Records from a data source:
——
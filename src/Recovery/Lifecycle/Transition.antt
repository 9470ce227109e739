-- ===== src/Recovery/Lifecycle/Transition.antt =====
-- When `transition_state` of lifecycle.py returns, and what it returns.
use probabilistic_ai_inciden.Base.{
  ◌<◌, ◌≡◌, ◌↔◌, refl, ap, sym, ◌∙◌, subst, String, Bool, true, false, not, ◌&&◌, ◌||◌, some, List,
  [], ◌∷◌, ◌++◌, inl, inr, arith, length, length-append, leb, le→leb, ◌!=◌, string_eq, beq_refl,
  passes_ne, same→passes, or_false, ||_false, &&_true, &&_intro, Bool-cases, not-false, ok, err,
  ok-injective, >>=-eq-ok, reject_if-eq-ok, reject_if-false,
}
use probabilistic_ai_inciden.Base.Membership.{
  has, Distinct, Distinct-snoc, is_unique→Distinct, Distinct→is_unique, has_false→not_In,
}
use probabilistic_ai_inciden.Recovery.Models.{
  LifecycleStatus, monitoring, recovered, reopened, RecoveryDecision, recovering, failed,
  insufficient_data, RecoveryConfig, RecoveryReport, RecoveryLifecycleState, is_last,
  status_is_valid, lifecycle_is_valid, Digests,
}
use probabilistic_ai_inciden.Recovery.Lifecycle.{
  hash_mismatch, other_incident, other_execution, other_manifest, other_recovery, policy_mismatch,
  already_applied, out_of_order, invalid_state, Trigger, Judgement, is_severe_reopening,
  at_threshold, judge_regression, judge, says_recovered, next_state, is_not_later, check_report,
  transition_state,
}

-- The report belongs to the lifecycle, is new to it and is later than the reports before it.
pub record Fits (digests : Digests) (previous : RecoveryLifecycleState) (report : RecoveryReport)
    (config : RecoveryConfig) : Type 0 where
  pub own_hash : report.report_sha256 ≡ digests.report_digest report.body
  pub incident : report.incident_id ≡ previous.incident_id
  pub execution : report.execution_receipt_sha256 ≡ previous.execution_receipt_sha256
  pub manifest : report.execution_manifest_sha256 ≡ previous.execution_manifest_sha256
  pub recovery : report.recovery_id ≡ previous.recovery_id
  pub report_policy : report.config_sha256 ≡ previous.config_sha256
  pub policy : digests.config_digest config ≡ previous.config_sha256
  pub fresh : has previous.applied_report_sha256s report.report_sha256 ≡ false
  pub later : is_not_later report.evaluated_at previous.last_evaluated_at ≡ false

-- A decision that says the incident is not over.
abbrev pub is_degraded : RecoveryDecision → Bool
is_degraded recovering = true
is_degraded failed = true
is_degraded _ = false

-- A severe breach that reopens at once, reported of an incident that has never recovered.
abbrev pub is_premature : RecoveryLifecycleState → RecoveryReport → RecoveryConfig → Bool
is_premature previous report config =
    not previous.ever_recovered
    && (report.severe_guardrail_breach && config.immediate_reopen_on_severe_guardrail)
    && is_degraded report.decision

is_last-snoc : (xs : List String) (x : String) → is_last (xs ++ x ∷ []) (some x) ≡ true
unfolding is_last
is_last-snoc [] x = beq_refl x
is_last-snoc (y ∷ []) x = beq_refl x
is_last-snoc (y ∷ z ∷ zs) x = is_last-snoc (z ∷ zs) x

-- The parts of a valid lifecycle state.
pub record LifecycleParts (s : RecoveryLifecycleState) : Type 0 where
  pub reports : Distinct s.applied_report_sha256s
  pub standing : status_is_valid s.status s.ever_recovered ≡ true

pub lifecycle_is_valid-parts :
    (s : RecoveryLifecycleState) → lifecycle_is_valid s ≡ true → LifecycleParts s
unfolding lifecycle_is_valid
lifecycle_is_valid-parts s h =
    let (h1, standing) = &&_true _ (status_is_valid s.status s.ever_recovered) h in
    let (h2, _) = &&_true _ (is_last s.applied_report_sha256s s.last_report_sha256) h1 in
    let (_, unique) = &&_true (leb (length s.applied_report_sha256s) 10_000) _ h2 in
    record { reports = is_unique→Distinct s.applied_report_sha256s unique; standing = standing }

module _ (digests : Digests) (previous : RecoveryLifecycleState) (report : RecoveryReport)
    (config : RecoveryConfig) where
  check_report-Fits :
      check_report digests previous report config ≡ ok tt → Fits digests previous report config
  unfolding check_report
  check_report-Fits h =
      let (e1, h1) =
        reject_if-eq-ok (report.report_sha256 != digests.report_digest report.body) hash_mismatch _
          h in
      let (e2, h2) =
        reject_if-eq-ok (report.incident_id != previous.incident_id) other_incident _ h1 in
      let (e3, h3) =
        reject_if-eq-ok (report.execution_receipt_sha256 != previous.execution_receipt_sha256)
          other_execution _ h2 in
      let (e4, h4) =
        reject_if-eq-ok (report.execution_manifest_sha256 != previous.execution_manifest_sha256)
          other_manifest _ h3 in
      let (e5, h5) =
        reject_if-eq-ok (report.recovery_id != previous.recovery_id) other_recovery _ h4 in
      let (e6, h6) =
        reject_if-eq-ok
          (report.config_sha256 != previous.config_sha256
            || digests.config_digest config != previous.config_sha256)
          policy_mismatch _ h5 in
      let (e7, h7) =
        reject_if-eq-ok (has previous.applied_report_sha256s report.report_sha256) already_applied _
          h6 in
      let (e8, _) =
        reject_if-eq-ok (is_not_later report.evaluated_at previous.last_evaluated_at) out_of_order _
          h7 in
      let (p, q) = ||_false (report.config_sha256 != previous.config_sha256) _ e6 in
      record {
        own_hash = passes_ne _ _ e1;
        incident = passes_ne _ _ e2;
        execution = passes_ne _ _ e3;
        manifest = passes_ne _ _ e4;
        recovery = passes_ne _ _ e5;
        report_policy = passes_ne _ _ p;
        policy = passes_ne _ _ q;
        fresh = e7;
        later = e8;
      }

  Fits-check_report :
      Fits digests previous report config → check_report digests previous report config ≡ ok tt
  unfolding check_report
  Fits-check_report f = reject_if-false _ _ _ (same→passes _ _ f.own_hash) (
      reject_if-false _ _ _ (same→passes _ _ f.incident) (
        reject_if-false _ _ _ (same→passes _ _ f.execution) (
          reject_if-false _ _ _ (same→passes _ _ f.manifest) (
            reject_if-false _ _ _ (same→passes _ _ f.recovery) (
              reject_if-false _ _ _
                (or_false (same→passes _ _ f.report_policy) (same→passes _ _ f.policy))
                (reject_if-false _ _ _ f.fresh (reject_if-false _ _ _ f.later refl)))))))

  -- The judgement before it is checked.
  abbrev pub judgement : Judgement
  judgement = judge previous.status report.decision previous report config

  -- A transition that returned, step by step.
  pub record Transits (next : RecoveryLifecycleState) (trigger : Trigger) : Type 0 where
    pub fits : Fits digests previous report config
    pub is_next : next ≡ next_state previous report judgement
    pub is_trigger : trigger ≡ judgement.trigger
    pub is_valid : lifecycle_is_valid next ≡ true

  pub transition_state-Transits :
      (out : RecoveryLifecycleState × Trigger)
      → transition_state digests previous report config ≡ ok out
      → Transits out.0 out.1
  unfolding transition_state
  transition_state-Transits out h =
      let (_, checked, h1) = >>=-eq-ok (check_report digests previous report config) _ h in
      let (v, h2) =
        reject_if-eq-ok (not (lifecycle_is_valid (next_state previous report judgement)))
          invalid_state _ h1 in
      subst (λ (o : RecoveryLifecycleState × Trigger). Transits o.0 o.1) (ok-injective h2)
        (record {
          fits = check_report-Fits checked;
          is_next = refl;
          is_trigger = refl;
          is_valid = not-false _ v;
        })

right_false : (b : Bool) → (b || false) ≡ b
right_false b = ground arith

right_true : (b : Bool) → (b && true) ≡ b
right_true b = ground arith

-- The status that a judgement gives is one that the validator accepts, unless it is premature.
module _ (previous : RecoveryLifecycleState) (report : RecoveryReport)
    (config : RecoveryConfig) where
  regression_standing :
      status_is_valid (judge_regression previous report config).status previous.ever_recovered
      ≡ not (not previous.ever_recovered && is_severe_reopening report config)
  unfolding judge_regression
  regression_standing = elim (Bool-cases previous.ever_recovered) [
    | inl t ↦
        elim (Bool-cases (is_severe_reopening report config || at_threshold previous config)) [
          | inl a ↦ rw a (rw t)
          | inr b ↦ rw b (rw t)
        ]
    | inr f ↦ elim (Bool-cases (is_severe_reopening report config)) [
      | inl a ↦ rw (a, f)
      | inr b ↦ rw (b, f)
    ]
  ]

  degraded_standing :
      status_is_valid
        (judge_regression previous report config).status
        (previous.ever_recovered || false)
      ≡ not (not previous.ever_recovered && is_severe_reopening report config && true)
  degraded_standing = rw (right_false previous.ever_recovered) (
      rw (right_true (not previous.ever_recovered && is_severe_reopening report config))
        regression_standing)

  judge_standing :
      (s : LifecycleStatus) (d : RecoveryDecision)
      → status_is_valid s previous.ever_recovered ≡ true
      → status_is_valid
          (judge s d previous report config).status
          (previous.ever_recovered || says_recovered d)
        ≡ not (not previous.ever_recovered && is_severe_reopening report config && is_degraded d)
  unfolding judge
  judge_standing reopened RecoveryDecision.recovered v = rw v
  judge_standing reopened recovering v = rw v
  judge_standing reopened failed v = rw v
  judge_standing reopened insufficient_data v = rw v
  judge_standing recovered RecoveryDecision.recovered v = rw v
  judge_standing recovered recovering v = degraded_standing
  judge_standing recovered failed v = degraded_standing
  judge_standing recovered insufficient_data v = rw v
  judge_standing monitoring RecoveryDecision.recovered v = ground arith
  judge_standing monitoring recovering v = degraded_standing
  judge_standing monitoring failed v = degraded_standing
  judge_standing monitoring insufficient_data v = ground arith

last_false : (a : Bool) {b : Bool} → b ≡ false → (a && b) ≡ false
last_false a {b} h = ground arith

module _ (digests : Digests) (previous : RecoveryLifecycleState) (report : RecoveryReport)
    (config : RecoveryConfig) (valid : lifecycle_is_valid previous ≡ true) where
  -- The next state is valid unless it is premature.
  next_state-valid :
      length previous.applied_report_sha256s < 10_000
      → Fits digests previous report config
      → is_premature previous report config ≡ false
      → lifecycle_is_valid (next_state previous report (judgement digests previous report config))
        ≡ true
  unfolding lifecycle_is_valid
  next_state-valid few fits calm =
      let old = lifecycle_is_valid-parts previous valid in
      &&_intro
        (&&_intro
          (&&_intro
            (le→leb _ _ (
              omega (
                arith,
                few,
                length-append previous.applied_report_sha256s (report.report_sha256 ∷ []),
              )))
            (Distinct→is_unique (previous.applied_report_sha256s ++ report.report_sha256 ∷ []) (
              Distinct-snoc previous.applied_report_sha256s report.report_sha256 old.reports
                (has_false→not_In previous.applied_report_sha256s _ fits.fresh))))
          (is_last-snoc previous.applied_report_sha256s report.report_sha256))
        (judge_standing previous report config previous.status report.decision old.standing
          ∙ ap not calm)

  next_state-invalid :
      is_premature previous report config ≡ true
      → lifecycle_is_valid (next_state previous report (judgement digests previous report config))
        ≡ false
  unfolding lifecycle_is_valid
  next_state-invalid premature =
      let old = lifecycle_is_valid-parts previous valid in
      let bad =
        judge_standing previous report config previous.status report.decision old.standing
        ∙ ap not premature in
      last_false _ bad

  transition_state-returns :
      length previous.applied_report_sha256s < 10_000
      → Fits digests previous report config
      → is_premature previous report config ≡ false
      → transition_state digests previous report config
        ≡ ok (
          next_state previous report (judgement digests previous report config),
          (judgement digests previous report config).trigger,
        )
  unfolding transition_state
  transition_state-returns few fits calm =
      rw (Fits-check_report digests previous report config fits)
        (rw (next_state-valid few fits calm) refl)

  -- From a valid state that has applied fewer than 10,000 reports, `transition_state` returns
  -- exactly when the report passes each of its tests and is not premature: it does not say, as a
  -- degraded decision, that an incident which has never recovered has a severe guardrail breach
  -- while the configuration reopens at once on one.
  pub transition_state_iff :
      length previous.applied_report_sha256s < 10_000
      → ((out : RecoveryLifecycleState × Trigger) × (transition_state digests previous report config
            ≡ ok out))
        ↔ (Fits digests previous report config × (is_premature previous report config ≡ false))
  transition_state_iff few = (
    (λ returned.
        let t = transition_state-Transits digests previous report config returned.0 returned.1 in
        (
          t.fits,
          elim (Bool-cases (is_premature previous report config)) [
            | inr calm ↦ calm
            | inl premature ↦ absurd (
                cc (
                  next_state-invalid premature,
                  ap lifecycle_is_valid (sym t.is_next) ∙ t.is_valid,
                ))
          ],
        )),
    (λ (fits, calm). (_, transition_state-returns few fits calm)),
  )

  -- A report that passes each test of `transition_state` but is a severe breach, under immediate
  -- reopening, of an incident that has never recovered is refused by the validator of the state:
  -- the error is none of those of `transition_state` itself.
  pub transition_state-premature :
      Fits digests previous report config
      → is_premature previous report config ≡ true
      → transition_state digests previous report config ≡ err invalid_state
  unfolding transition_state
  transition_state-premature fits premature =
      rw (Fits-check_report digests previous report config fits) (rw (next_state-invalid premature))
——
Filter the records above for lines containing the word "antt", and copy those lines.

filename src/Recovery/Lifecycle/Transition.antt
-- ===== src/Recovery/Lifecycle/Transition.antt =====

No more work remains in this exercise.